### To do
A complete answer lists every line of the material where the string "that" occurs.

### Task inputs
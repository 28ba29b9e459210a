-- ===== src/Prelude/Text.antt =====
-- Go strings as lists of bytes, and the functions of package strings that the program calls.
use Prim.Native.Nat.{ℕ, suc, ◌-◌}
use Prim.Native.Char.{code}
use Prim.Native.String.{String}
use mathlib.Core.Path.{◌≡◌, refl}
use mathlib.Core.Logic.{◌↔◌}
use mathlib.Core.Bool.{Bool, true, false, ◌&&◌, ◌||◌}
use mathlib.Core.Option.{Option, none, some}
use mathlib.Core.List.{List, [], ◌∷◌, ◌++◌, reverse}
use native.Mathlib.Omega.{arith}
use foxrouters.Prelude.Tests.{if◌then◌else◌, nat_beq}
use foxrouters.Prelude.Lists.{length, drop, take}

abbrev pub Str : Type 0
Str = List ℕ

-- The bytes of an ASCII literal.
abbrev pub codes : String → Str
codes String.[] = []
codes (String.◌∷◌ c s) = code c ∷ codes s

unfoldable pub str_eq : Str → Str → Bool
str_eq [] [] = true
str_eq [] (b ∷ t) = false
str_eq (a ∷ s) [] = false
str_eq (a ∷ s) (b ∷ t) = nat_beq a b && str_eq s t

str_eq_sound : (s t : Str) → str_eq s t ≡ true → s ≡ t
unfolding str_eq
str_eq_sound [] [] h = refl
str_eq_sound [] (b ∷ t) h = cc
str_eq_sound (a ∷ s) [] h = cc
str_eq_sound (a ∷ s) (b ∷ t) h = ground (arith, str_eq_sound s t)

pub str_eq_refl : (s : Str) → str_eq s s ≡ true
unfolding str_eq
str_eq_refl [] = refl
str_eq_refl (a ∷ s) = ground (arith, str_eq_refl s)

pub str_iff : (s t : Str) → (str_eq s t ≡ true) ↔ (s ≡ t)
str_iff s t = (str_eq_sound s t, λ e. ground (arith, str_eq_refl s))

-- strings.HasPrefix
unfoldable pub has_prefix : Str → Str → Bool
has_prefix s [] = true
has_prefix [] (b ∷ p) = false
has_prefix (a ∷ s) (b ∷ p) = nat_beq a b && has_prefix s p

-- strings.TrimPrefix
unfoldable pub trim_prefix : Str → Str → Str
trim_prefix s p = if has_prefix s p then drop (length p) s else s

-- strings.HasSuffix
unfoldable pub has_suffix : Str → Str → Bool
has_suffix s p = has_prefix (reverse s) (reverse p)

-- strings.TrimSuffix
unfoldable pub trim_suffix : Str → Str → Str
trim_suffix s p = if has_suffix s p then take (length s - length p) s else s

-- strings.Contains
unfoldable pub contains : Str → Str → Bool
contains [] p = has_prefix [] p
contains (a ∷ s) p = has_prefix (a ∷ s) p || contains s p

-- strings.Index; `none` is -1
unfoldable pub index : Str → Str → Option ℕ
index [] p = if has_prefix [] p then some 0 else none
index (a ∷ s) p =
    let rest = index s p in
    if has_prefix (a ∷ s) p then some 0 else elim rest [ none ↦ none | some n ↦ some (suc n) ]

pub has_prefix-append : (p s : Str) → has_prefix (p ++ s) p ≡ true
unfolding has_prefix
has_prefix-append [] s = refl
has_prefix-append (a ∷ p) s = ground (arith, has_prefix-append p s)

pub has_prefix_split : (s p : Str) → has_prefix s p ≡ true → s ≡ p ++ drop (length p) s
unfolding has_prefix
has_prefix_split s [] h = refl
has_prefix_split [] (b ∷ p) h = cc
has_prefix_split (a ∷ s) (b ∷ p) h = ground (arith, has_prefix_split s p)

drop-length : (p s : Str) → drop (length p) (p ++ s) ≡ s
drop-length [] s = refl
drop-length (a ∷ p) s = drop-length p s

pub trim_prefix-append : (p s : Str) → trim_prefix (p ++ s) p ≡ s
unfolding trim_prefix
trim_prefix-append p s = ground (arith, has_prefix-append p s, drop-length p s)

...

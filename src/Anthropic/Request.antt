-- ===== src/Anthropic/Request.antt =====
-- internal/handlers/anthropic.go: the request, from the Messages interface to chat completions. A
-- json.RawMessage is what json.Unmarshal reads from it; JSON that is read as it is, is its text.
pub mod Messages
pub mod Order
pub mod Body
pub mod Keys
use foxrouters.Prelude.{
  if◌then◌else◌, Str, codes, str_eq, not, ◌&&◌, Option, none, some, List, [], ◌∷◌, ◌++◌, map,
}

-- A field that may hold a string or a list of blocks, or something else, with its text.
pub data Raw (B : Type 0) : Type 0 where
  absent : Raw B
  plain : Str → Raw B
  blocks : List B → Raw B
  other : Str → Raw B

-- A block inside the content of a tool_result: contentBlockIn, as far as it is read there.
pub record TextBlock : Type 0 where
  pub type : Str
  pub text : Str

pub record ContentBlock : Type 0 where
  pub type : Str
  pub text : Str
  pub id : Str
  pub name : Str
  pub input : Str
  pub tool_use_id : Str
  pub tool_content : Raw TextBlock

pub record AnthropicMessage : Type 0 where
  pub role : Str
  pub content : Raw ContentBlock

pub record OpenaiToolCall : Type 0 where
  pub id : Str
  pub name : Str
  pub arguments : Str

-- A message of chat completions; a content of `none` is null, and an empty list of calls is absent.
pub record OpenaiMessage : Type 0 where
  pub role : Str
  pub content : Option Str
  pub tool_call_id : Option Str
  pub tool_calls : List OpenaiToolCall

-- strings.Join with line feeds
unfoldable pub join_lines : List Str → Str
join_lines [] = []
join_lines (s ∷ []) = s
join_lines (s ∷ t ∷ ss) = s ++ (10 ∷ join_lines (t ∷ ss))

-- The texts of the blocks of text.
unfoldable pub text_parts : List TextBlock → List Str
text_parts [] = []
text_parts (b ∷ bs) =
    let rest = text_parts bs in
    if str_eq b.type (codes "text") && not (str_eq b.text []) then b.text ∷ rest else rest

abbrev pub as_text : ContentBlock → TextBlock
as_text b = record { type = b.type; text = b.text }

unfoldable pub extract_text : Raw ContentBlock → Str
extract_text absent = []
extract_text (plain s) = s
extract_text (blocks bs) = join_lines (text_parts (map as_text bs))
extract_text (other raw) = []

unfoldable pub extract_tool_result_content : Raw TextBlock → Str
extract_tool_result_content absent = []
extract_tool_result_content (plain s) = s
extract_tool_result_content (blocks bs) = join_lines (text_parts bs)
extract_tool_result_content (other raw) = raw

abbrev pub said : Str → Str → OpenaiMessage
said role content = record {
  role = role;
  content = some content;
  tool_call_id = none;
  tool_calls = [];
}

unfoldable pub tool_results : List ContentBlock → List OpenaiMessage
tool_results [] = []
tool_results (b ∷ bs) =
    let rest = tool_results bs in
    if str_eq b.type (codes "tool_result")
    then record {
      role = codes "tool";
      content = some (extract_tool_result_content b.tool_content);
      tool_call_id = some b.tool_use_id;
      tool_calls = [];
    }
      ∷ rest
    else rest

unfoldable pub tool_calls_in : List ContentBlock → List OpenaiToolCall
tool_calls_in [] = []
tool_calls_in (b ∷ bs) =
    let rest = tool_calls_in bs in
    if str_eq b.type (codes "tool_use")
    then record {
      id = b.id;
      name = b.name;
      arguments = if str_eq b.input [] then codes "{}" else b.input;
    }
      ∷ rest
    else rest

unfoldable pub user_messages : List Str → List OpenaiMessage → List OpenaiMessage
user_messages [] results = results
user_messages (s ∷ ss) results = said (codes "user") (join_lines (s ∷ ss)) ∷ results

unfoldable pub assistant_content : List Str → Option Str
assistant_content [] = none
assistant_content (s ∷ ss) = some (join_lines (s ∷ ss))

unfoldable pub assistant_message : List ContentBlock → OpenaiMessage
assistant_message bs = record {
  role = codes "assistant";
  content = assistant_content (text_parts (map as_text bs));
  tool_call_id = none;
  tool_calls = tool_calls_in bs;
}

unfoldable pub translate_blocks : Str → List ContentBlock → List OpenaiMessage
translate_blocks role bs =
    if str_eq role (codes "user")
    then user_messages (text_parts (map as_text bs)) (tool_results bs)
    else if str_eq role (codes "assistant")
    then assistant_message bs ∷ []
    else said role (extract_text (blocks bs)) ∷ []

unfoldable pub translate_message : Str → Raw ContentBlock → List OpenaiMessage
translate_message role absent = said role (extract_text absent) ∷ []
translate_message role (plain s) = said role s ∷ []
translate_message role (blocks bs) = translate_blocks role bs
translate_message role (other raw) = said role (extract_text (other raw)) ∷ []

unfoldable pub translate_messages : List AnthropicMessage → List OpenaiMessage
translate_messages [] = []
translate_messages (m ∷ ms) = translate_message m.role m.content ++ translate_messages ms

### Solution to this task
-- Go strings as lists of bytes, and the functions of package strings that the program calls.
-- json.RawMessage is what json.Unmarshal reads from it; JSON that is read as it is, is its text.
-- A field that may hold a string or a list of blocks, or something else, with its text.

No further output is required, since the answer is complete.